■ PROBLEM DESCRIPTION ■
Your answer must be a single number: how many lines in the records below contain the word "result".
:::
-- ===== src/AsyncIo.antt =====
-- nebula::AsyncIo, include/nebula/async_io.h and src/async_io.cc: sockets and pipes, over the system
-- calls as a parameter. A descriptor is a number, and an error, the return of -1, is `none`.
pub mod Tidy
pub mod Options
mod Tests
use libnebula.Prelude.{
  ℕ, zero, suc, ◌+◌, ◌-◌, ◌%◌, ◌^◌, Bool, true, false, ◌&&◌, not, Option, none, some, List, [], ◌∷◌,
  ◌++◌, ltb, ◌==◌, if◌then◌else◌, bit_and, bit_or, replicate,
}
use libnebula.Text.{Bytes, strlcpy}

-- What a `sockaddr_in` or a `sockaddr_un` names.
pub data Address : Type 0 where
  inet : ℕ → ℕ → Address
  local : Bytes → Address

-- The domain and the type of a socket: AF_UNIX or AF_INET, SOCK_STREAM or SOCK_DGRAM.
pub record Kind : Type 0 where
  pub is_local : Bool
  pub use_tcp : Bool

-- `TCP_NODELAY` and `SO_REUSEADDR`, each with its level.
pub data SocketOption : Type 0 where
  tcp_nodelay so_reuseaddr : SocketOption

-- The system calls and constants, over a state `W` of all that lies outside. A call that may fail
-- returns whether it succeeded, or what it gives. `accept` takes the length of the client's address
-- and returns what it leaves there, if that is asked for.
pub record Sockets (W : Type 0) : Type 0 where
  pub o_nonblock : ℕ
  pub fd_cloexec : ℕ
  pub sun_path_size : ℕ
  pub get_status : W → ℕ → Option ℕ × W
  pub set_status : W → ℕ → ℕ → Bool × W
  pub get_flags : W → ℕ → Option ℕ × W
  pub set_flags : W → ℕ → ℕ → Bool × W
  pub pipe : W → Option (ℕ × ℕ) × W
  pub socket : W → Kind → Option ℕ × W
  pub accept : W → ℕ → Option ℕ → Option ℕ × Option ℕ × W
  pub setsockopt : W → ℕ → SocketOption → ℕ → Bool × W
  pub getsockopt : W → ℕ → SocketOption → Option ℕ × W
  pub bind : W → ℕ → Address → Bool × W
  pub listen : W → ℕ → Bool × W
  pub connect : W → ℕ → Address → Bool × W
  pub close : W → ℕ → W
  pub inet_pton : Bytes → Option ℕ

abbrev pub aio_cloexec : ℕ
aio_cloexec = 1

abbrev pub aio_nonblock : ℕ
aio_nonblock = 2

-- `flags & (~(AIO_CLOEXEC | AIO_NONBLOCK))`, on the 32 bits of `flags`.
abbrev pub is_unknown : ℕ → Bool
is_unknown flags = not (bit_and flags (2 ^ 32 - 1 - bit_or aio_cloexec aio_nonblock) == 0)

abbrev pub has_flag : ℕ → ℕ → Bool
has_flag flags f = not (bit_and flags f == 0)

-- `a || b` on calls that fail: the second is made only if the first succeeds.
unfoldable pub both : {W : Type 0} → (W → Bool × W) → (W → Bool × W) → W → Bool × W
both f g w = let (done, w') = f w in elim done [ true ↦ g w' | false ↦ (false, w') ]

-- A call that is made only under a condition.
unfoldable pub provided : {W : Type 0} → Bool → (W → Bool × W) → W → Bool × W
provided b f w = elim b [ true ↦ f w | false ↦ (true, w) ]

module _ {W : Type 0} (sys : Sockets W) where
  unfoldable pub set_nonblock : ℕ → W → Bool × W
  set_nonblock fd w =
      let (status, w') = sys.get_status w fd in
      elim status [ none ↦ (false, w') | some s ↦ sys.set_status w' fd (bit_or s sys.o_nonblock) ]

  -- -1, 0 and 1 are `none`, `false` and `true`.
  unfoldable pub is_nonblock_3state : ℕ → W → Option Bool × W
  is_nonblock_3state fd w =
      let (status, w') = sys.get_status w fd in
      elim status [ none ↦ (none, w') | some s ↦ (some (has_flag s sys.o_nonblock), w') ]

  unfoldable pub set_close_on_exec : ℕ → W → Bool × W
  set_close_on_exec fd w =
      let (flags, w') = sys.get_flags w fd in
      elim flags [ none ↦ (false, w') | some s ↦ sys.set_flags w' fd (bit_or s sys.fd_cloexec) ]

  unfoldable pub is_close_on_exec_3state : ℕ → W → Option Bool × W
  is_close_on_exec_3state fd w =
      let (flags, w') = sys.get_flags w fd in
      elim flags [ none ↦ (none, w') | some s ↦ (some (has_flag s sys.fd_cloexec), w') ]

  unfoldable pub set_tcp_no_delay : ℕ → W → Bool × W
  set_tcp_no_delay fd w = sys.setsockopt w fd tcp_nodelay 1

  -- -1 is `none`; else the value of the option itself.
  unfoldable pub is_tcp_no_delay_3state : ℕ → W → Option ℕ × W
  is_tcp_no_delay_3state fd w = sys.getsockopt w fd tcp_nodelay

  unfoldable pub set_reuse_addr : ℕ → W → Bool × W
  set_reuse_addr fd w = sys.setsockopt w fd so_reuseaddr 1

  unfoldable pub is_reuse_addr_3state : ℕ → W → Option ℕ × W
  is_reuse_addr_3state fd w = sys.getsockopt w fd so_reuseaddr

  -- A call on the new descriptor `fd`; if it fails, `fd` is closed and -1 returned.
  unfoldable pub guard : ℕ → (W → Bool × W) → (W → Option ℕ × W) → W → Option ℕ × W
  guard fd call next w =
      let (done, w') = call w in elim done [ true ↦ next w' | false ↦ (none, sys.close w' fd) ]

  -- The same for the two ends of a pipe.
  unfoldable pub guard_pipe :
      ℕ → ℕ → (W → Bool × W) → (W → Option (ℕ × ℕ) × W) → W → Option (ℕ × ℕ) × W
  guard_pipe p q call next w =
      let (done, w') = call w in
      elim done [ true ↦ next w' | false ↦ (none, sys.close (sys.close w' p) q) ]

  unfoldable pub pipe2 : ℕ → W → Option (ℕ × ℕ) × W
  unfolding set_nonblock set_close_on_exec
  pipe2 flags w = elim (is_unknown flags) [
    | true ↦ (none, w)
    | false ↦
        let (ends, w') = sys.pipe w in
        elim ends [
          | none ↦ (none, w')
          | some (p, q) ↦
              guard_pipe p q
                (provided (has_flag flags aio_nonblock) (both (set_nonblock p) (set_nonblock q)))
                (guard_pipe p q
                  (provided (has_flag flags aio_cloexec)
                    (both (set_close_on_exec p) (set_close_on_exec q)))
                  (λ w2. (some (p, q), w2)))
                w'
        ]
  ]

  -- The descriptor, the length of the client's address that is left, and the system.
  unfoldable pub accept4 : ℕ → Option ℕ → ℕ → W → Option ℕ × Option ℕ × W
  unfolding set_nonblock set_close_on_exec
  accept4 server addr_len flags w = elim (is_unknown flags) [
    | true ↦ (none, addr_len, w)
    | false ↦
        let (accepted, len, w') = sys.accept w server addr_len in
        elim accepted [
          | none ↦ (none, len, w')
          | some fd ↦
              let (done, w2) =
                both (provided (has_flag flags aio_nonblock) (set_nonblock fd))
                  (provided (has_flag flags aio_cloexec) (set_close_on_exec fd)) w' in
              elim done [ true ↦ (some fd, len, w2) | false ↦ (none, addr_len, sys.close w2 fd) ]
        ]
  ]

  -- A new socket, and what is done with it.
  unfoldable pub with_socket : Kind → (ℕ → W → Option ℕ × W) → W → Option ℕ × W
  with_socket kind handle w =
      let (fd, w') = sys.socket w kind in elim fd [ none ↦ (none, w') | some n ↦ handle n w' ]

  unfoldable pub hand_out : ℕ → W → Option ℕ × W
  hand_out fd w = (some fd, w)

  -- `createAsyncServerSocket` and `createAsyncClientSocket` on a `sockaddr_in`.
  unfoldable pub create_server_at : Address → Bool → W → Option ℕ × W
  unfolding set_nonblock set_reuse_addr
  create_server_at addr use_tcp =
      with_socket (record { is_local = false; use_tcp = use_tcp })
        (λ fd. guard fd (both (set_nonblock fd) (set_reuse_addr fd)) (
          guard fd (λ w. sys.bind w fd addr)
            (guard fd (provided use_tcp (λ w. sys.listen w fd)) (hand_out fd))))

  unfoldable pub create_client_at : Address → Bool → W → Option ℕ × W
  unfolding set_nonblock
  create_client_at addr use_tcp =
      with_socket (record { is_local = false; use_tcp = use_tcp })
        (λ fd.
          guard fd (provided use_tcp (λ w. sys.connect w fd addr))
            (guard fd (set_nonblock fd) (hand_out fd)))

  -- The same on a textual address; a server may leave it out, and then INADDR_ANY, 0, is taken. The
  -- port is cut to 16 bits by `htons`.
  unfoldable pub create_server : Option Bytes → ℕ → Bool → W → Option ℕ × W
  unfolding create_server_at
  create_server none port use_tcp w = create_server_at (inet 0 (port % 2 ^ 16)) use_tcp w
  create_server (some text) port use_tcp w = elim (sys.inet_pton text) [
    | none ↦ (none, w)
    | some ip ↦ create_server_at (inet ip (port % 2 ^ 16)) use_tcp w
  ]

  unfoldable pub create_client : Bytes → ℕ → Bool → W → Option ℕ × W
  unfolding create_client_at
  create_client text port use_tcp w = elim (sys.inet_pton text) [
    | none ↦ (none, w)
    | some ip ↦ create_client_at (inet ip (port % 2 ^ 16)) use_tcp w
  ]

  -- The path in `sun_path`, unless `strlcpy` says that it was cut.
  abbrev pub local_address : Bytes → Option Address
  local_address path = elim (strlcpy (replicate sys.sun_path_size 0) path sys.sun_path_size) [
    | none ↦ none
    | some (copy, len) ↦ if ltb len sys.sun_path_size then some (local copy) else none
  ]

  unfoldable pub create_unix_server : Bytes → Bool → W → Option ℕ × W
  unfolding set_nonblock
  create_unix_server path use_tcp w = elim (local_address path) [
    | none ↦ (none, w)
    | some addr ↦
        with_socket (record { is_local = true; use_tcp = use_tcp })
          (λ fd. guard fd (set_nonblock fd) (guard fd (λ w1. sys.bind w1 fd addr) (hand_out fd))) w
  ]

  unfoldable pub create_unix_client : Bytes → Bool → W → Option ℕ × W
  unfolding set_nonblock
  create_unix_client path use_tcp w = elim (local_address path) [
    | none ↦ (none, w)
    | some addr ↦
        with_socket (record { is_local = true; use_tcp = use_tcp })
          (λ fd. guard fd (set_nonblock fd) (guard fd (λ w1. sys.connect w1 fd addr) (hand_out fd)))
          w
  ]

  -- The public names; each server and client of IP also on a `sockaddr_in`.
  unfoldable tcp_server : Option Bytes → ℕ → W → Option ℕ × W
  tcp_server text port = create_server text port true

  unfoldable udp_server : Option Bytes → ℕ → W → Option ℕ × W
  udp_server text port = create_server text port false

  unfoldable tcp_client : Bytes → ℕ → W → Option ℕ × W
  tcp_client text port = create_client text port true

  unfoldable udp_client : Bytes → ℕ → W → Option ℕ × W
  udp_client text port = create_client text port false

  unfoldable tcp_server_at : Address → W → Option ℕ × W
  tcp_server_at addr = create_server_at addr true

  unfoldable udp_server_at : Address → W → Option ℕ × W
  udp_server_at addr = create_server_at addr false

  unfoldable tcp_client_at : Address → W → Option ℕ × W
  tcp_client_at addr = create_client_at addr true

  unfoldable udp_client_at : Address → W → Option ℕ × W
  udp_client_at addr = create_client_at addr false

  unfoldable unix_tcp_server : Bytes → W → Option ℕ × W
  unix_tcp_server path = create_unix_server path true

  unfoldable unix_udp_server : Bytes → W → Option ℕ × W
  unix_udp_server path = create_unix_server path false

  unfoldable unix_tcp_client : Bytes → W → Option ℕ × W
  unix_tcp_client path = create_unix_client path true

  unfoldable unix_udp_client : Bytes → W → Option ℕ × W
  unix_udp_client path = create_unix_client path false
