-- ===== src/Thread.antt =====
-- The stop flag and the start routine of nebula::Thread, include/nebula/thread.h. The flag is
-- touched only by atomic operations, so each is a step of its own.
pub mod Flag
pub mod Object
mod Tests
use libnebula.Prelude.{ℕ, zero, suc, Option, none, some, List, [], ◌∷◌, ◌==◌, if◌then◌else◌}

-- `__sync_val_compare_and_swap`: the old value, and the new.
abbrev pub compare_and_swap : ℕ → ℕ → ℕ → ℕ × ℕ
compare_and_swap flag old new = if flag == old then (flag, new) else (flag, flag)

-- What it returns, and the flag that it leaves.
pub try_set_stop_flag : ℕ → ℕ × ℕ
try_set_stop_flag flag = compare_and_swap flag 0 1

-- `__sync_fetch_and_add(&stop_, 0)`
unfoldable pub get_stop_flag : ℕ → ℕ
get_stop_flag flag = flag

-- The loop of `setStopFlag`, for as many rounds as the fuel.
pub set_stop_flag : ℕ → ℕ → Option ℕ
set_stop_flag zero flag = none
set_stop_flag (suc fuel) flag =
    let (old, flag') = compare_and_swap flag 0 1 in
    let again = set_stop_flag fuel flag' in if old == 0 then again else some flag'

-- The calls of the template method `startRoutine`.
pub data Hook : Type 0 where
  start_handler routine exit_handler : Hook

module _ {W : Type 0} (run : Hook → W → ℕ × W) where
  -- The exit status is that of `routine`, whatever `exitHandler` does afterwards.
  unfoldable pub start_routine : W → ℕ × W
  start_routine w =
      let (ignored, w1) = run start_handler w in
      let (result, w2) = run routine w1 in let (ignored, w3) = run exit_handler w2 in (result, w3)
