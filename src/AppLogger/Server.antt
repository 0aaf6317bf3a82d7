-- ===== src/AppLogger/Server.antt =====
-- LogServer, include/nebula/app_logger.h and src/app_logger.cc: a thread with an event loop, which
-- reads a socket and writes what it receives into the log file. Its object, with the static flag
-- `ready_to_serve_client_`, is part of the world of the loop's callbacks.
pub mod Serve
pub mod Notes
pub mod Stop
pub mod Halt
pub mod Destroy
use Prim.Native.String.{String}
use libnebula.Prelude.{
  ℕ, zero, suc, ◌+◌, Bool, true, false, Option, none, some, List, [], ◌∷◌, ltb, ◌==◌, if◌then◌else◌,
  length,
}
use libnebula.Prelude.Int.{ℤ, pos, negsuc}
use libnebula.Text.{Bytes}
use libnebula.AsyncEvent.{AsyncEvent}
use libnebula.AsyncEvent.Fds.{stop}
use libnebula.AsyncIo.{Sockets, Address}
use libnebula.Thread.{compare_and_swap, get_stop_flag}
use libnebula.AppLogger.{err, to_string}
use libnebula.AppLogger.LogFile.{FileHandle, Files, write_message}
use libnebula.AppLogger.Message.{LogHandle, compose, log_handle, set_conn_fd}

-- `DEFAULT_CHECK_INTERVAL_MS`, and the size of the buffer of `writeLogMessage`.
abbrev pub check_interval : ℕ
check_interval = 1000

abbrev pub line_size : ℕ
line_size = 4096

-- The messages of the server itself, by the call that failed or by what happens.
pub data Note : Type 0 where
  socket_failed set_nonblock_failed bind_failed initialize_failed : Note
  add_fd_event_failed add_time_event_failed connect_failed : Note
  ready stopping : Note

-- The fields, without the event loop; `path` is the text of `server_addr_.sun_path`, and `stop` the
-- flag of the thread.
pub record LogServer : Type 0 where
  pub domain_fd : ℤ
  pub path : Bytes
  pub file : FileHandle
  pub ready : ℕ
  pub stop : ℕ

-- What the server asks of the system beside sockets; `header` and `body` are the texts that its
-- formats print, and `stack` is what an array of `line_size` bytes holds before it is written.
pub record Calls (V : Type 0) : Type 0 where
  pub files : Files V
  pub timestamp : V → Bytes × V
  pub header : Bytes → String → Option Bytes
  pub body : Note → Option Bytes
  pub stack : V → Bytes
  pub socket_path : V → Bytes
  pub receive : V → ℤ → Option Bytes × V
  pub identity_array : V → Bytes

unfoldable pub set_ready : LogServer → LogServer
set_ready self = record self { ready = (compare_and_swap self.ready 0 1).1 }

unfoldable pub clear_ready : LogServer → LogServer
clear_ready self = record self { ready = (compare_and_swap self.ready 1 0).1 }

abbrev pub is_ready : ℕ → Bool
is_ready flag = flag == 1

module _ {V : Type 0} (calls : Calls V) where
  -- `none` stands for an access out of bounds.
  unfoldable pub write_log_message : ℕ → Note → LogServer × V → Option (ℤ × LogServer × V)
  write_log_message level note (self, v) =
      let (stamp, v1) = calls.timestamp v in
      elim (calls.header stamp (to_string (pos level) true)) [
        | none ↦ some (negsuc 0, self, v1)
        | some header ↦
            elim (compose (calls.stack v1) line_size line_size header (calls.body note)) [
              | none ↦ none
              | some line ↦
                  let (nw, file', v2) = write_message calls.files self.file line v1 in
                  some (nw, record self { file = file' }, v2)
            ]
      ]

  -- The same where the result is not used.
  abbrev pub noted : ℕ → Note → LogServer × V → Option (LogServer × V)
  noted level note w = elim (write_log_message level note w) [
    | none ↦ none
    | some r ↦ some (r.1, r.2)
  ]

  -- The result is the time until the next call, 0 for none, and the event loop.
  unfoldable pub check_stop_flag :
      AsyncEvent → LogServer × V → Option (ℕ × AsyncEvent × (LogServer × V))
  unfolding clear_ready
  check_stop_flag ae (self, v) =
      if get_stop_flag self.stop == 0
      then some (check_interval, ae, (self, v))
      else elim (noted err Note.stopping (self, v)) [
        | none ↦ none
        | some (self', v') ↦ some (0, stop ae, (clear_ready self', v'))
      ]

  -- The loop over the datagrams that are there, for at most as many as the fuel.
  unfoldable pub recv_domain_socket_message : ℕ → LogServer × V → Option (LogServer × V)
  recv_domain_socket_message zero w = none
  recv_domain_socket_message (suc fuel) (self, v) =
      let (received, v') = calls.receive v self.domain_fd in
      elim received [
        | none ↦ some (self, v')
        | some message ↦ elim (length message) [
          | zero ↦ some (self, v')
          | suc n ↦
              let (nw, file', v2) = write_message calls.files self.file message v' in
              recv_domain_socket_message fuel (record self { file = file' }, v2)
        ]
      ]

  module _ (net : Sockets V) where
    -- The handle for `identity`, or `none` for NULL; the outer `none` is an access out of bounds.
    unfoldable pub create_connection :
        Bytes → ℕ → LogServer × V → Option (Option LogHandle × (LogServer × V))
    create_connection identity level (self, v) =
        let (created, v1) = net.socket v (record { is_local = true; use_tcp = false }) in
        elim created [
          | none ↦ elim (noted err Note.socket_failed (self, v1)) [
            | none ↦ none
            | some w ↦ some (none, w)
          ]
          | some fd ↦
              let (connected, v2) = net.connect v1 fd (Address.local self.path) in
              elim connected [
                | false ↦ elim (noted err Note.connect_failed (self, net.close v2 fd)) [
                  | none ↦ none
                  | some w ↦ some (none, w)
                ]
                | true ↦ elim (log_handle (calls.identity_array v2) identity level) [
                  | none ↦ none
                  | some h ↦ some (some (set_conn_fd h fd), (self, v2))
                ]
              ]
        ]

-- The loop of `getInstance` that waits for the thread, for as many rounds as the fuel; `flags` is what
-- it reads in each. The result is the number of sleeps.
unfoldable pub wait_ready : ℕ → (ℕ → ℕ) → Option ℕ
wait_ready zero flags = none
wait_ready (suc fuel) flags =
    let rest = wait_ready fuel (λ i. flags (suc i)) in
    if is_ready (flags 0) then some 0 else elim rest [ none ↦ none | some n ↦ some (n + 1) ]

-- Whether `getInstance` returns a pointer that is not NULL, from whether there is an instance, and
-- whether the thread can be created.
unfoldable pub get_instance : ℕ → Bool → Bool → (ℕ → ℕ) → Option Bool
unfolding wait_ready
get_instance fuel true created flags = some true
get_instance fuel false false flags = some false
get_instance fuel false true flags = elim (wait_ready fuel flags) [
  | none ↦ none
  | some n ↦ some true
]
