-- ===== src/Thread/Flag.antt =====
-- Setting the stop flag ends, and the flag stays set.
use libnebula.Prelude.{ℕ, zero, suc, ◌≤◌, ◌≡◌, refl, some, arith}
use libnebula.Thread.{try_set_stop_flag, set_stop_flag, get_stop_flag}

-- `setStopFlag` ends in at most two rounds with the flag set, from a flag that is 0 or 1;
-- `trySetStopFlag` sets it as well, and returns 0 exactly to the caller that changed it.
pub set_stop_flag_lem :
    (fuel flag : ℕ)
    → flag ≤ 1
    → (set_stop_flag (suc (suc fuel)) flag ≡ some 1)
      × ((try_set_stop_flag flag).1 ≡ 1)
      × ((try_set_stop_flag flag).0 ≡ flag)
      × (get_stop_flag (try_set_stop_flag flag).1 ≡ 1)
unfolding set_stop_flag try_set_stop_flag get_stop_flag
set_stop_flag_lem fuel zero h = (refl, refl, refl, refl)
set_stop_flag_lem fuel (suc zero) h = (refl, refl, refl, refl)
set_stop_flag_lem fuel (suc (suc n)) h = absurd (omega arith)
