-- ===== src/AsyncEvent/Timers.antt =====
-- Time events of include/nebula/async_event.h: `addTimeEvent`, `delTimeEvent`, `processTimeEvents`
-- and `nearestTimeEvent`. The first `used_time_events` entries of the table are in use.
pub mod Table
mod Nearest
pub mod Once
use libnebula.Prelude.{
  ℕ, zero, suc, ◌+◌, ◌-◌, ◌%◌, ◌^◌, Bool, true, false, Option, none, some, List, [], ◌∷◌, ltb, leb,
  ◌==◌, if◌then◌else◌, get_or, set,
}
use libnebula.Prelude.Int.{ℤ, pos, negsuc}
use libnebula.AsyncEvent.{Status, ok, error, TimeEvent, no_event, AsyncEvent, System}

-- How a loop over callbacks ends: by its test, at an index out of range, or with no rounds left.
pub data Run {ℓ} (A : Type ℓ) : Type ℓ where
  finished : A → Run A
  out_of_range : Run A
  out_of_fuel : Run A

abbrev pub event_at : AsyncEvent → ℕ → TimeEvent
event_at s i = get_or s.time_events i no_event

-- `used_time_events_ == size_time_events_`
abbrev is_full : ℤ → ℕ → Bool
is_full (pos n) used = used == n
is_full (negsuc n) used = false

-- `list[i] = list[--used]`, where `last` is the new count.
abbrev pub take_out : AsyncEvent → ℕ → ℕ → AsyncEvent
take_out s i last = record s {
  time_events = set s.time_events i (event_at s last);
  used_time_events = last;
}

-- The loop of `delTimeEvent`; `left` is the rounds that remain.
abbrev pub del_loop : ℕ → AsyncEvent → ℕ → ℕ → Status × AsyncEvent
del_loop id s zero i = (error, s)
del_loop id s (suc left) i =
    let rest = del_loop id s left (i + 1) in
    if (event_at s i).id == id then (ok, take_out s i (s.used_time_events - 1)) else rest

pub del_time_event : ℕ → AsyncEvent → Status × AsyncEvent
del_time_event id s = del_loop id s s.used_time_events 0

-- The scan of `nearestTimeEvent`; the index -1 of its start is `none`.
abbrev pub nearest_loop : AsyncEvent → ℕ → ℕ → Option ℕ → Option ℕ
nearest_loop s zero i best = best
nearest_loop s (suc left) i none = nearest_loop s left (i + 1) (some i)
nearest_loop s (suc left) i (some b) =
    nearest_loop s left (i + 1)
      (some (if ltb (event_at s i).when (event_at s b).when then i else b))

module _ {W : Type 0} (sys : System W) where
  -- The identifier of the new event, or `none` for ERROR.
  unfoldable pub add_time_event : ℕ → ℕ → ℕ → AsyncEvent → W → Option ℕ × AsyncEvent × W
  add_time_event ms_later proc arg s w =
      let (now, w') = sys.now w in
      let id = (s.last_time_event_id + 1) % 2 ^ 64 in
      let e : TimeEvent = record { id = id; when = now + ms_later; proc = proc; arg = arg } in
      if is_full s.size_time_events s.used_time_events then (none, s, w) else (
        some id,
        record s {
          time_events = set s.time_events s.used_time_events e;
          used_time_events = s.used_time_events + 1;
          last_time_event_id = id;
        },
        w',
      )

  -- Milliseconds to the nearest time event, 0 if it is late, -1 if there is none.
  unfoldable pub nearest_time_event : AsyncEvent → W → ℤ × W
  nearest_time_event s w = elim (nearest_loop s s.used_time_events 0 none) [
    | none ↦ (negsuc 0, w)
    | some i ↦ (pos ((event_at s i).when - (sys.now w).0), (sys.now w).1)
  ]

  -- The loop of `processTimeEvents`. The entry is read before the callback, and written after it
  -- into the table that the callback leaves.
  unfoldable pub time_loop : ℕ → ℕ → ℕ → ℕ → AsyncEvent → W → Run (ℕ × AsyncEvent × W)
  time_loop zero now i processed s w = out_of_fuel
  time_loop (suc fuel) now i processed s w =
      let e = event_at s i in
      let (rc, s', w') = sys.call_time e.proc e.id e.arg s w in
      elim (ltb i s.used_time_events) [
        | false ↦ finished (processed, s, w)
        | true ↦ elim (leb e.when now) [
          | false ↦ time_loop fuel now (i + 1) processed s w
          | true ↦ elim rc [
            | suc r ↦
                time_loop fuel now (i + 1) (processed + 1)
                  (record s' {
                    time_events =
                        set s'.time_events i (record (event_at s' i) { when = now + suc r });
                  })
                  w'
            | zero ↦ elim s'.used_time_events [
              | zero ↦ out_of_range
              | suc last ↦ time_loop fuel now i (processed + 1) (take_out s' i last) w'
            ]
          ]
        ]
      ]

  -- `fuel` is a bound on the rounds of the loop.
  unfoldable pub process_time_events : ℕ → AsyncEvent → W → Run (ℕ × AsyncEvent × W)
  unfolding time_loop
  process_time_events fuel s w = let (now, w') = sys.now w in time_loop fuel now 0 0 s w'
:::
■ RESPONSE TO THIS EXERCISE ■
4